The term invasive does not always mean non-native. While many invasive species are introduced from other regions or countries, some invasive species can be native under certain conditions. Native species can become invasive following genetic engineering or prolonged chemical usage, especially when these interventions alter their growth, reproduction, or competitive behaviour.
A native grass genetically modified for drought resistance might spread aggressively in arid zones, outcompeting other native flora and altering habitat dynamics. Repeated use of herbicides or fertilisers can unintentionally favour certain native species.
Over time, this can shift the ecological balance, allowing these native species to become dominant and invasive.
In India, Parthenium hysterophorus—though originally introduced—is now so widespread and chemically resilient that it behaves like a native invasive weed, thriving in disturbed and chemically treated soils.
Invasive behaviour can suppress other native species. Dominant growth may change soil chemistry, water availability, or fire regimes, leading to habitat alteration that affects other dependent animal, bird, and insect species. Genetically modified native plants may interbreed with wild relatives, spreading engineered traits unpredictably.
Climate change, induced by anthropogenic interventions, is the largest current threat to natural World Heritage globally. It is now assessed as highly threatening in 43 percent of sites (117 of the 271), compared to 33 percent in 2020.
Invasive alien species remain the second most prevalent current threat, whilst a surge in wildlife and plant diseases is now affecting nine percent of sites (23 out of 271 sites assessed), up from just two percent (five out of the 252 sites assessed) in 2020.

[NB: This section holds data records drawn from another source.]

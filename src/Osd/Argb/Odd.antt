-- ===== src/Osd/Argb/Odd.antt =====
-- Bitmaps whose width or height is odd: how much chroma the conversions write, and how much memory they
-- have.
pub mod Passes
use jrtplib4android.Prelude.{
  subst, dec_lt, ℕ, ◌+◌, ◌*◌, ◌/◌, ◌%◌, ◌<◌, ◌≡◌, ◌≢◌, refl, ◌⊎◌, inl, inr, none, List, arith,
  length, Option-cases,
}
use jrtplib4android.Prelude.Int.{ℤ}
use jrtplib4android.Osd.Argb.{
  chroma_u, chroma_v, Canvas, convert_rows, argb_int_to_nv21_byte, argb_int_to_nv12_byte,
}
use jrtplib4android.Osd.Argb.Odd.Passes.{evens, rows-Passes}

-- The colours need more than the half of the points and one byte more.
abbrev TooMuch : (width height : ℕ) → Type 0
TooMuch width height = width * height / 2 + 1 < 2 * (evens 0 width * evens 0 height)

both_odd : (m q : ℕ) → TooMuch (2 * m + 1) (2 * q + 1)
both_odd m q =
    let points : (2 * m + 1) * (2 * q + 1) ≡ 4 * (m * q) + 2 * m + 2 * q + 1 = grind arith in
    let half : evens 0 (2 * m + 1) ≡ m + 1 = omega arith in
    let high : evens 0 (2 * q + 1) ≡ q + 1 = omega arith in
    let pairs : (m + 1) * (q + 1) ≡ m * q + m + q + 1 = grind arith in
    rw (half, high) (omega (arith, points, pairs))

height_odd : (m q : ℕ) → 1 < m → TooMuch (2 * m) (2 * q + 1)
height_odd m q wide =
    let points : 2 * m * (2 * q + 1) ≡ 4 * (m * q) + 2 * m = grind arith in
    let half : evens 0 (2 * m) ≡ m = omega arith in
    let high : evens 0 (2 * q + 1) ≡ q + 1 = omega arith in
    let pairs : m * (q + 1) ≡ m * q + m = grind arith in
    rw (half, high) (omega (arith, points, pairs))

width_odd : (m q : ℕ) → 1 < q → TooMuch (2 * m + 1) (2 * q)
width_odd m q tall =
    let points : (2 * m + 1) * (2 * q) ≡ 4 * (m * q) + 2 * q = grind arith in
    let half : evens 0 (2 * m + 1) ≡ m + 1 = omega arith in
    let high : evens 0 (2 * q) ≡ q = omega arith in
    let pairs : (m + 1) * q ≡ m * q + q = grind arith in
    rw (half, high) (omega (arith, points, pairs))

too_much :
    (width height : ℕ)
    → 0 < width
    → 0 < height
    → (width % 2 ≡ 1) ⊎ (height % 2 ≡ 1)
    → width ≢ 2
    → height ≢ 2
    → TooMuch width height
too_much width height some_width some_height odd not_2 not_two =
    let m : ℕ = width / 2 in
    let q : ℕ = height / 2 in
    elim (dec_lt 0 (width % 2)) [
      | yes w ↦
          let ew : 2 * m + 1 ≡ width = omega arith in
          elim (dec_lt 0 (height % 2)) [
            | yes h ↦
                let eh : 2 * q + 1 ≡ height = omega arith in
                subst (λ x. TooMuch x height) ew
                  (subst (λ y. TooMuch (2 * m + 1) y) eh (both_odd m q))
            | no h ↦
                let eh : 2 * q ≡ height = omega arith in
                subst (λ x. TooMuch x height) ew
                  (subst (λ y. TooMuch (2 * m + 1) y) eh (width_odd m q (ground arith)))
          ]
      | no w ↦
          let ew : 2 * m ≡ width = omega arith in
          let eh : 2 * q + 1 ≡ height = ground arith in
          subst (λ x. TooMuch x height) ew
            (subst (λ y. TooMuch (2 * m) y) eh (height_odd m q (ground arith)))
    ]

-- The loops run out of the memory, whatever the words are.
rows-overflow :
    (argb memory : List ℕ) (first second : ℕ → ℤ) (width height : ℕ)
    → length memory ≡ width * height * 3 / 2 + 1
    → TooMuch width height
    → convert_rows argb first second width height 0
        (record { yuv420sp = memory; y_index = 0; uv_index = width * height; index = 0 })
      ≡ none
rows-overflow argb memory first second width height room much =
    let start : Canvas = record {
      yuv420sp = memory;
      y_index = 0;
      uv_index = width * height;
      index = 0;
    } in
    elim (Option-cases (convert_rows argb first second width height 0 start)) [
      | inl e ↦ e
      | inr (t, e) ↦
          let (i, size, uv, inside) =
            rows-Passes argb first second width height 0 start t (grind arith) e in
          absurd (omega (arith, size, uv, inside (omega arith)))
    ]

-- A bitmap with an odd width or height, neither of them 2 or nothing, is never converted to NV21 or
-- NV12: the colours are written past the memory that the functions have asked for.
pub argb_int-odd :
    (argb memory : List ℕ) (width height : ℕ)
    → 0 < width
    → 0 < height
    → (width % 2 ≡ 1) ⊎ (height % 2 ≡ 1)
    → width ≢ 2
    → height ≢ 2
    → length memory ≡ width * height * 3 / 2 + 1
    → (argb_int_to_nv21_byte argb memory width height ≡ none)
      × (argb_int_to_nv12_byte argb memory width height ≡ none)
unfolding argb_int_to_nv21_byte argb_int_to_nv12_byte
argb_int-odd argb memory width height some_width some_height odd not_2 not_two room =
    let much : TooMuch width height =
      too_much width height some_width some_height odd not_2 not_two in
    (
      rw (rows-overflow argb memory chroma_v chroma_u width height room much) refl,
      rw (rows-overflow argb memory chroma_u chroma_v width height room much) refl,
    )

Diseases such as Ebola virus in primates (Virunga National Park, DRC), white-nose syndrome in bats (Mammoth Cave, USA), chytridiomycosis in amphibians (Tasmanian Wilderness, Australia), avian influenza (Peninsula Valdés, Argentina), and top-dying disease in Sundarbans mangroves (Bangladesh) are impacting ecosystems and threatening keystone species, most probably caused by humans, including tourism.
The report identifies tourism as the third most widespread current threat.
The IUCN report further emphasises that threats from invasive species and diseases are often interconnected and intensified by climate change.
Shifting temperatures and precipitation patterns can enable invasives to spread faster and further and can alter the conditions for pathogens.
Predicting and preventing these cascading impacts due to genetic engineering and chemical usage is critical, not only for ecosystems but also for human health.